### Work to complete
Complete, exact copies of all entries are needed.

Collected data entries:
#####

-- ===== src/Pdg/Values.antt =====
-- PDG.cpp: the graph made for some values.
use noelle_public.Dg.Store.{Dg, find, find-put}
use noelle_public.Dg.Invariant.{IsValid, empty-IsValid}
use noelle_public.Dg.Adding.{add_node-IsValid}
use noelle_public.Dg.Build.{empty, add_node, is_internal, set_entry_node}
use noelle_public.Pdg.Build.{add_values, enter_at, pdg_of_values}
use noelle_public.Prelude.{
  ℕ, ◌≡◌, refl, ◌∙◌, inl, inr, true, ◌||◌, Option, none, some, List, [], ◌∷◌, has, has-cons,
  has-nil, ==_refl, arith, ◌==◌, Option-cases,
}

-- The graph has exactly the given values, as internal ones, and no edges.
pub record IsBare (values : List ℕ) (g : Dg) : Type 0 where
  pub valid : IsValid g
  pub internals : (t : ℕ) → is_internal g t ≡ has t values
  pub externals : g.external ≡ []
  pub no_edges : g.all_edges ≡ []

add_internal :
    (g : Dg) (s t : ℕ) → is_internal (add_node g s true).0 t ≡ (s == t || is_internal g t)
unfolding add_node is_internal
add_internal g s t = ground (arith, find-put s t (some g.next_node) g.internal)

add_external : (g : Dg) (s : ℕ) → (add_node g s true).0.external ≡ g.external
unfolding add_node
add_external g s = refl

add_edges : (g : Dg) (s : ℕ) → (add_node g s true).0.all_edges ≡ g.all_edges
unfolding add_node
add_edges g s = refl

-- The added values join those that the graph had.
add_values_lem :
    (ts : List ℕ) (g : Dg)
    → IsValid g
    → IsValid (add_values g ts)
      × ((t : ℕ) → is_internal (add_values g ts) t ≡ (has t ts || is_internal g t))
      × ((add_values g ts).external ≡ g.external)
      × ((add_values g ts).all_edges ≡ g.all_edges)
unfolding add_values
add_values_lem [] g v = (v, λ t. ground (arith, has-nil t), refl, refl)
add_values_lem (s ∷ ts) g v =
    let (valid, internals, externals, edges) =
      add_values_lem ts (add_node g s true).0 (add_node-IsValid g s true v) in
    (
      valid,
      λ t. ground (arith, internals t, add_internal g s t, has-cons t s ts),
      externals ∙ add_external g s,
      edges ∙ add_edges g s,
    )

entered-IsValid : (g : Dg) (p : Option ℕ) → IsValid g → IsValid (set_entry_node g p)
unfolding set_entry_node
entered-IsValid g p v = record {
  node_lives = v.node_lives;
  edge_lives = v.edge_lives;
  node_fresh = v.node_fresh;
  edge_fresh = v.edge_fresh;
  outgoing = v.outgoing;
  incoming = v.incoming;
  internal_holds = v.internal_holds;
  external_holds = v.external_holds;
}

-- An internal value has a node at which the graph can be entered.
enter_at_lem :
    (g : Dg) (t : ℕ)
    → IsValid g
    → is_internal g t ≡ true
    → (p : ℕ) × (enter_at g t ≡ some (set_entry_node g (some p)))
unfolding enter_at is_internal
enter_at_lem g t v inside = elim (Option-cases (find t g.internal)) [
  | inl missing ↦ absurd (ground arith)
  | inr (none, at) ↦ absurd (v.internal_holds t none at)
  | inr (some p, at) ↦ (p, rw (at, enter_at) refl)
]

entered_internal :
    (g : Dg) (p : Option ℕ) (t : ℕ) → is_internal (set_entry_node g p) t ≡ is_internal g t
unfolding set_entry_node is_internal
entered_internal g p t = refl

entered_external : (g : Dg) (p : Option ℕ) → (set_entry_node g p).external ≡ g.external
unfolding set_entry_node
entered_external g p = refl

entered_edges : (g : Dg) (p : Option ℕ) → (set_entry_node g p).all_edges ≡ g.all_edges
unfolding set_entry_node
entered_edges g p = refl

none_before : (t : ℕ) (ts : List ℕ) → (has t ts || is_internal empty t) ≡ has t ts
unfolding is_internal empty find
none_before t ts = ground arith

pub pdg_of_values_lem :
    (s : ℕ) (ts : List ℕ) → (g : Dg) × (pdg_of_values (s ∷ ts) ≡ some g) × IsBare (s ∷ ts) g
unfolding pdg_of_values empty
pdg_of_values_lem s ts =
    let (valid, internals, externals, edges) = add_values_lem (s ∷ ts) empty empty-IsValid in
    let g = add_values empty (s ∷ ts) in
    let (p, run) =
      enter_at_lem g s valid (ground (arith, internals s, has-cons s s ts, ==_refl s)) in
    (
      set_entry_node g (some p),
      run,
      record {
        valid = entered-IsValid g (some p) valid;
        internals = λ t. entered_internal g (some p) t ∙ (internals t ∙ none_before t (s ∷ ts));
        externals = entered_external g (some p) ∙ externals;
        no_edges = entered_edges g (some p) ∙ edges;
      },
    )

#####

### Response area
-- ===== src/Pdg/Values.antt =====
-- PDG.cpp: the graph made for some values.
use noelle_public.Dg.Store.{Dg, find, find-put}
use noelle_public.Dg.Invariant.{IsValid, empty-IsValid}
use noelle_public.Dg.Adding.{add_node-IsValid}
use noelle_public.Dg.Build.{empty, add_node, is_internal, set_entry_node}
use noelle_public.Pdg.Build.{add_values, enter_at, pdg_of_values}
use noelle_public.Prelude.{
  ℕ, ◌≡◌, refl, ◌∙◌, inl, inr, true, ◌||◌, Option, none, some, List, [], ◌∷◌, has, has-cons,
  has-nil, ==_refl, arith, ◌==◌, Option-cases,
}

-- The graph has exactly the given values, as internal ones, and no edges.
pub record IsBare (values : List ℕ) (g : Dg) : Type 0 where
  pub valid : IsValid g
  pub internals : (t : ℕ) → is_internal g t ≡ has t values
  pub externals : g.external ≡ []
  pub no_edges : g.all_edges ≡ []

add_internal :
    (g : Dg) (s t : ℕ) → is_internal (add_node g s true).0 t ≡ (s == t || is_internal g t)
unfolding add_node is_internal
add_internal g s t = ground (arith, find-put s t (some g.next_node) g.internal)

add_external : (g : Dg) (s : ℕ) → (add_node g s true).0.external ≡ g.external
unfolding add_node
add_external g s = refl

add_edges : (g : Dg) (s : ℕ) → (add_node g s true).0.all_edges ≡ g.all_edges
unfolding add_node
add_edges g s = refl

-- The added values join those that the graph had.
add_values_lem :
    (ts : List ℕ) (g : Dg)
    → IsValid g
    → IsValid (add_values g ts)
      × ((t : ℕ) → is_internal (add_values g ts) t ≡ (has t ts || is_internal g t))
      × ((add_values g ts).external ≡ g.external)
      × ((add_values g ts).all_edges ≡ g.all_edges)
unfolding add_values
add_values_lem [] g v = (v, λ t. ground (arith, has-nil t), refl, refl)
add_values_lem (s ∷ ts) g v =
    let (valid, internals, externals, edges) =
      add_values_lem ts (add_node g s true).0 (add_node-IsValid g s true v) in
    (
      valid,
      λ t. ground (arith, internals t, add_internal g s t, has-cons t s ts),
      externals ∙ add_external g s,
      edges ∙ add_edges g s,
    )

entered-IsValid : (g : Dg) (p : Option ℕ) → IsValid g → IsValid (set_entry_node g p)
unfolding set_entry_node
entered-IsValid g p v = record {
  node_lives = v.node_lives;
  edge_lives = v.edge_lives;
  node_fresh = v.node_fresh;
  edge_fresh = v.edge_fresh;
  outgoing = v.outgoing;
  incoming = v.incoming;
  internal_holds = v.internal_holds;
  external_holds = v.external_holds;
}

-- An internal value has a node at which the graph can be entered.
enter_at_lem :
    (g : Dg) (t : ℕ)
    → IsValid g
    → is_internal g t ≡ true
    → (p : ℕ) × (enter_at g t ≡ some (set_entry_node g (some p)))
unfolding enter_at is_internal
enter_at_lem g t v inside = elim (Option-cases (find t g.internal)) [
  | inl missing ↦ absurd (ground arith)
  | inr (none, at) ↦ absurd (v.internal_holds t none at)
  | inr (some p, at) ↦ (p, rw (at, enter_at) refl)
]

entered_internal :
    (g : Dg) (p : Option ℕ) (t : ℕ) → is_internal (set_entry_node g p) t ≡ is_internal g t
unfolding set_entry_node is_internal
entered_internal g p t = refl

entered_external : (g : Dg) (p : Option ℕ) → (set_entry_node g p).external ≡ g.external
unfolding set_entry_node
entered_external g p = refl

entered_edges : (g : Dg) (p : Option ℕ) → (set_entry_node g p).all_edges ≡ g.all_edges
unfolding set_entry_node
entered_edges g p = refl

none_before : (t : ℕ) (ts : List ℕ) → (has t ts || is_internal empty t) ≡ has t ts
unfolding is_internal empty find
none_before t ts = ground arith

pub pdg_of_values_lem :
    (s : ℕ) (ts : List ℕ) → (g : Dg) × (pdg_of_values (s ∷ ts) ≡ some g) × IsBare (s ∷ ts) g
unfolding pdg_of_values empty
pdg_of_values_lem s ts =
    let (valid, internals, externals, edges) = add_values_lem (s ∷ ts) empty empty-IsValid in
    let g = add_values empty (s ∷ ts) in
    let (p, run) =
      enter_at_lem g s valid (ground (arith, internals s, has-cons s s ts, ==_refl s)) in
    (
      set_entry_node g (some p),
      run,
      record {
        valid = entered-IsValid g (some p) valid;
        internals = λ t. entered_internal g (some p) t ∙ (internals t ∙ none_before t (s ∷ ts));
        externals = entered_external g (some p) ∙ externals;
        no_edges = entered_edges g (some p) ∙ edges;
      },
    )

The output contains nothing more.